(Collected data entries)
########

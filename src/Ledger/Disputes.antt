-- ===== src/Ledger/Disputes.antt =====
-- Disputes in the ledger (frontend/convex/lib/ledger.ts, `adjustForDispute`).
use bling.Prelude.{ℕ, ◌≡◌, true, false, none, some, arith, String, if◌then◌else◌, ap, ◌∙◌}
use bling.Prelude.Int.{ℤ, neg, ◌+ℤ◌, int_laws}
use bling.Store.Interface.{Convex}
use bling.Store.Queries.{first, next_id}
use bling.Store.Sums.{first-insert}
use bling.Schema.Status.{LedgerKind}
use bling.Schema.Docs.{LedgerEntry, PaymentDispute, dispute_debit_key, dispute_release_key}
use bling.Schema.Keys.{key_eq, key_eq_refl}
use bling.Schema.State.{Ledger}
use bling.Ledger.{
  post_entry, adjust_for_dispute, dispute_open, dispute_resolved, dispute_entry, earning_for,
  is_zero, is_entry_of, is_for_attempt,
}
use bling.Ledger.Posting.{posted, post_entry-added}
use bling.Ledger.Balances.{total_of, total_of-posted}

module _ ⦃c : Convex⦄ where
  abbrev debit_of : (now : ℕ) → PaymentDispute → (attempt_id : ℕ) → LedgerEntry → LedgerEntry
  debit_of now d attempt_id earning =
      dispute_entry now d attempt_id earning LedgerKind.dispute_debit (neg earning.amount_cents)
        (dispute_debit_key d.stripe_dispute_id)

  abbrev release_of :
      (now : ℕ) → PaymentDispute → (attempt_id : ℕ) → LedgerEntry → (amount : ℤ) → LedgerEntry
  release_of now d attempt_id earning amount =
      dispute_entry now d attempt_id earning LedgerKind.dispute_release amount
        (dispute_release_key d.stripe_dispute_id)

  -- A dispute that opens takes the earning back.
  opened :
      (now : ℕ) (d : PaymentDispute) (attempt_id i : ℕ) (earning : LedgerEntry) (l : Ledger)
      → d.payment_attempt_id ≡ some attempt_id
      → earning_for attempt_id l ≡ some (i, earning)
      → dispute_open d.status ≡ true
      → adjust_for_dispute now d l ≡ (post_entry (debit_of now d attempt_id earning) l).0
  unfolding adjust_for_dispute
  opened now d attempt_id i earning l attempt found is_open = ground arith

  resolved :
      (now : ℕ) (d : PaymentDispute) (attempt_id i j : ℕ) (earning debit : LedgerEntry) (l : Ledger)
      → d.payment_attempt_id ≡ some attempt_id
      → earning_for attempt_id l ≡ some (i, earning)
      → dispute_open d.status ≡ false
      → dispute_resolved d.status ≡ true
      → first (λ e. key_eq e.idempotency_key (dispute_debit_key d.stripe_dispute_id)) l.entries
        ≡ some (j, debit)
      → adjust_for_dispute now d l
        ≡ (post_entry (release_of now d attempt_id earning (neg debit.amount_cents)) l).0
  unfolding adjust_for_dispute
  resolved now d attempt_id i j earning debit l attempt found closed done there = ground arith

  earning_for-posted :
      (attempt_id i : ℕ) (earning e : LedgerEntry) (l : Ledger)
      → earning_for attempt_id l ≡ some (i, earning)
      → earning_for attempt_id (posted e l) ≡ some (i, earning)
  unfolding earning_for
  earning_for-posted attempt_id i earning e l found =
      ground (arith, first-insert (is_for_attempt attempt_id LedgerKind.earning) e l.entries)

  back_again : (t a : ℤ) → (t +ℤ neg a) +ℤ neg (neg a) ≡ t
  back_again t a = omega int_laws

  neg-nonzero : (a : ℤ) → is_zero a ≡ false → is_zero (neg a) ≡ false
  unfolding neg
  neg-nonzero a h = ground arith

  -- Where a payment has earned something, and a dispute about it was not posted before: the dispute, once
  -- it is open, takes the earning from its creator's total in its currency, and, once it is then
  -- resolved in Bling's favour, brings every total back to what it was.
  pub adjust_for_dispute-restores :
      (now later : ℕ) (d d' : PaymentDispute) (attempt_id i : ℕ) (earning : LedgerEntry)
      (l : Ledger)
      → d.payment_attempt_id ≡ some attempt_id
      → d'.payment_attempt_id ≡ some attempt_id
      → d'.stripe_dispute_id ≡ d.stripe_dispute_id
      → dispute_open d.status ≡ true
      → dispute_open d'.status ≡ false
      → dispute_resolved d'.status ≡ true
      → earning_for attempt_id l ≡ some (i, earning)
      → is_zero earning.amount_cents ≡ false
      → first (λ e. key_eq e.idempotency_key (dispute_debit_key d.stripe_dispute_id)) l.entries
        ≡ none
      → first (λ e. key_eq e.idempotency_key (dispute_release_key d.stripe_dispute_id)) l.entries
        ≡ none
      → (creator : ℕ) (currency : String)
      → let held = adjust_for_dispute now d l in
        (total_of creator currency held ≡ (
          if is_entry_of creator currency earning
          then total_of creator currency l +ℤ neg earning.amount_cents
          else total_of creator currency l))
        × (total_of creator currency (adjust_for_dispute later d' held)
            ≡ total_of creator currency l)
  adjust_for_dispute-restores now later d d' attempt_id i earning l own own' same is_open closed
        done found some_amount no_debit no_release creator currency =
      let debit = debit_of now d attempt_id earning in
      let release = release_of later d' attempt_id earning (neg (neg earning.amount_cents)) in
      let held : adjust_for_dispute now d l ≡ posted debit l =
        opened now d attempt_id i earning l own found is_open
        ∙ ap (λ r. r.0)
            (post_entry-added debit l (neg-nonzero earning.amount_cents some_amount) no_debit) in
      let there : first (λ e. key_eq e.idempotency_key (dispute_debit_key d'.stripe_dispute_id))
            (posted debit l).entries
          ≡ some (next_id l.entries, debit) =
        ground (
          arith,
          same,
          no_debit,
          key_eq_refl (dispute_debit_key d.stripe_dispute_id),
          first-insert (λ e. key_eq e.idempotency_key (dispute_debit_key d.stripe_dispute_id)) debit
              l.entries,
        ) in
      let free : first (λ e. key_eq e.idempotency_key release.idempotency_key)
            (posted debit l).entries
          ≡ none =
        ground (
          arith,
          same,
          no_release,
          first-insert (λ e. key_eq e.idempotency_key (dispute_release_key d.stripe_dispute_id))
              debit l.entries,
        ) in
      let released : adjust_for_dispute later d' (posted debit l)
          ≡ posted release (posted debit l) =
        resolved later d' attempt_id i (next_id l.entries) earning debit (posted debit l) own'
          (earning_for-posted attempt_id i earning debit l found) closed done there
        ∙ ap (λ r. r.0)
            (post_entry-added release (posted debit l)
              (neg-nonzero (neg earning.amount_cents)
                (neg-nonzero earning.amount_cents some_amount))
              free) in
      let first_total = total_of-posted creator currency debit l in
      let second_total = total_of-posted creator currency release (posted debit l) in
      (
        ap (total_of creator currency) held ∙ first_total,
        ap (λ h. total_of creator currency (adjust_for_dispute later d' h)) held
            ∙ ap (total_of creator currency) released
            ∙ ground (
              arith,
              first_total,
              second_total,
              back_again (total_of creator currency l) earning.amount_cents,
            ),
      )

########

* **Assignment**: From the first line to the last, retype the records exactly.

* **Your solution**:
filename src/Ledger/Disputes.antt
-- ===== src/Ledger/Disputes.antt =====
-- Disputes in the ledger (frontend/convex/lib/ledger.ts, `adjustForDispute`).
use bling.Prelude.{ℕ, ◌≡◌, true, false, none, some, arith, String, if◌then◌else◌, ap, ◌∙◌}
use bling.Prelude.Int.{ℤ, neg, ◌+ℤ◌, int_laws}
use bling.Store.Interface.{Convex}
use bling.Store.Queries.{first, next_id}
use bling.Store.Sums.{first-insert}
use bling.Schema.Status.{LedgerKind}
use bling.Schema.Docs.{LedgerEntry, PaymentDispute, dispute_debit_key, dispute_release_key}
use bling.Schema.Keys.{key_eq, key_eq_refl}
use bling.Schema.State.{Ledger}
use bling.Ledger.{
  post_entry, adjust_for_dispute, dispute_open, dispute_resolved, dispute_entry, earning_for,
  is_zero, is_entry_of, is_for_attempt,
}
use bling.Ledger.Posting.{posted, post_entry-added}
use bling.Ledger.Balances.{total_of, total_of-posted}

module _ ⦃c : Convex⦄ where
  abbrev debit_of : (now : ℕ) → PaymentDispute → (attempt_id : ℕ) → LedgerEntry → LedgerEntry
  debit_of now d attempt_id earning =
      dispute_entry now d attempt_id earning LedgerKind.dispute_debit (neg earning.amount_cents)
        (dispute_debit_key d.stripe_dispute_id)

  abbrev release_of :
      (now : ℕ) → PaymentDispute → (attempt_id : ℕ) → LedgerEntry → (amount : ℤ) → LedgerEntry
  release_of now d attempt_id earning amount =
      dispute_entry now d attempt_id earning LedgerKind.dispute_release amount
        (dispute_release_key d.stripe_dispute_id)

  -- A dispute that opens takes the earning back.
  opened :
      (now : ℕ) (d : PaymentDispute) (attempt_id i : ℕ) (earning : LedgerEntry) (l : Ledger)
      → d.payment_attempt_id ≡ some attempt_id
      → earning_for attempt_id l ≡ some (i, earning)
      → dispute_open d.status ≡ true
      → adjust_for_dispute now d l ≡ (post_entry (debit_of now d attempt_id earning) l).0
  unfolding adjust_for_dispute
  opened now d attempt_id i earning l attempt found is_open = ground arith

  resolved :
      (now : ℕ) (d : PaymentDispute) (attempt_id i j : ℕ) (earning debit : LedgerEntry) (l : Ledger)
      → d.payment_attempt_id ≡ some attempt_id
      → earning_for attempt_id l ≡ some (i, earning)
      → dispute_open d.status ≡ false
      → dispute_resolved d.status ≡ true
      → first (λ e. key_eq e.idempotency_key (dispute_debit_key d.stripe_dispute_id)) l.entries
        ≡ some (j, debit)
      → adjust_for_dispute now d l
        ≡ (post_entry (release_of now d attempt_id earning (neg debit.amount_cents)) l).0
  unfolding adjust_for_dispute
  resolved now d attempt_id i j earning debit l attempt found closed done there = ground arith

  earning_for-posted :
      (attempt_id i : ℕ) (earning e : LedgerEntry) (l : Ledger)
      → earning_for attempt_id l ≡ some (i, earning)
      → earning_for attempt_id (posted e l) ≡ some (i, earning)
  unfolding earning_for
  earning_for-posted attempt_id i earning e l found =
      ground (arith, first-insert (is_for_attempt attempt_id LedgerKind.earning) e l.entries)

  back_again : (t a : ℤ) → (t +ℤ neg a) +ℤ neg (neg a) ≡ t
  back_again t a = omega int_laws

  neg-nonzero : (a : ℤ) → is_zero a ≡ false → is_zero (neg a) ≡ false
  unfolding neg
  neg-nonzero a h = ground arith

  -- Where a payment has earned something, and a dispute about it was not posted before: the dispute, once
  -- it is open, takes the earning from its creator's total in its currency, and, once it is then
  -- resolved in Bling's favour, brings every total back to what it was.
  pub adjust_for_dispute-restores :
      (now later : ℕ) (d d' : PaymentDispute) (attempt_id i : ℕ) (earning : LedgerEntry)
      (l : Ledger)
      → d.payment_attempt_id ≡ some attempt_id
      → d'.payment_attempt_id ≡ some attempt_id
      → d'.stripe_dispute_id ≡ d.stripe_dispute_id
      → dispute_open d.status ≡ true
      → dispute_open d'.status ≡ false
      → dispute_resolved d'.status ≡ true
      → earning_for attempt_id l ≡ some (i, earning)
      → is_zero earning.amount_cents ≡ false
      → first (λ e. key_eq e.idempotency_key (dispute_debit_key d.stripe_dispute_id)) l.entries
        ≡ none
      → first (λ e. key_eq e.idempotency_key (dispute_release_key d.stripe_dispute_id)) l.entries
        ≡ none
      → (creator : ℕ) (currency : String)
      → let held = adjust_for_dispute now d l in
        (total_of creator currency held ≡ (
          if is_entry_of creator currency earning
          then total_of creator currency l +ℤ neg earning.amount_cents
          else total_of creator currency l))
        × (total_of creator currency (adjust_for_dispute later d' held)
            ≡ total_of creator currency l)
  adjust_for_dispute-restores now later d d' attempt_id i earning l own own' same is_open closed
        done found some_amount no_debit no_release creator currency =
      let debit = debit_of now d attempt_id earning in
      let release = release_of later d' attempt_id earning (neg (neg earning.amount_cents)) in
      let held : adjust_for_dispute now d l ≡ posted debit l =
        opened now d attempt_id i earning l own found is_open
        ∙ ap (λ r. r.0)
            (post_entry-added debit l (neg-nonzero earning.amount_cents some_amount) no_debit) in
      let there : first (λ e. key_eq e.idempotency_key (dispute_debit_key d'.stripe_dispute_id))
            (posted debit l).entries
          ≡ some (next_id l.entries, debit) =
        ground (
          arith,
          same,
          no_debit,
          key_eq_refl (dispute_debit_key d.stripe_dispute_id),
          first-insert (λ e. key_eq e.idempotency_key (dispute_debit_key d.stripe_dispute_id)) debit
              l.entries,
        ) in
      let free : first (λ e. key_eq e.idempotency_key release.idempotency_key)
            (posted debit l).entries
          ≡ none =
        ground (
          arith,
          same,
          no_release,
          first-insert (λ e. key_eq e.idempotency_key (dispute_release_key d.stripe_dispute_id))
              debit l.entries,
        ) in
      let released : adjust_for_dispute later d' (posted debit l)
          ≡ posted release (posted debit l) =
        resolved later d' attempt_id i (next_id l.entries) earning debit (posted debit l) own'
          (earning_for-posted attempt_id i earning debit l found) closed done there
        ∙ ap (λ r. r.0)
            (post_entry-added release (posted debit l)
              (neg-nonzero (neg earning.amount_cents)
                (neg-nonzero earning.amount_cents some_amount))
              free) in
      let first_total = total_of-posted creator currency debit l in
      let second_total = total_of-posted creator currency release (posted debit l) in
      (
        ap (total_of creator currency) held ∙ first_total,
        ap (λ h. total_of creator currency (adjust_for_dispute later d' h)) held
            ∙ ap (total_of creator currency) released
            ∙ ground (
              arith,
              first_total,
              second_total,
              back_again (total_of creator currency l) earning.amount_cents,
            ),
      )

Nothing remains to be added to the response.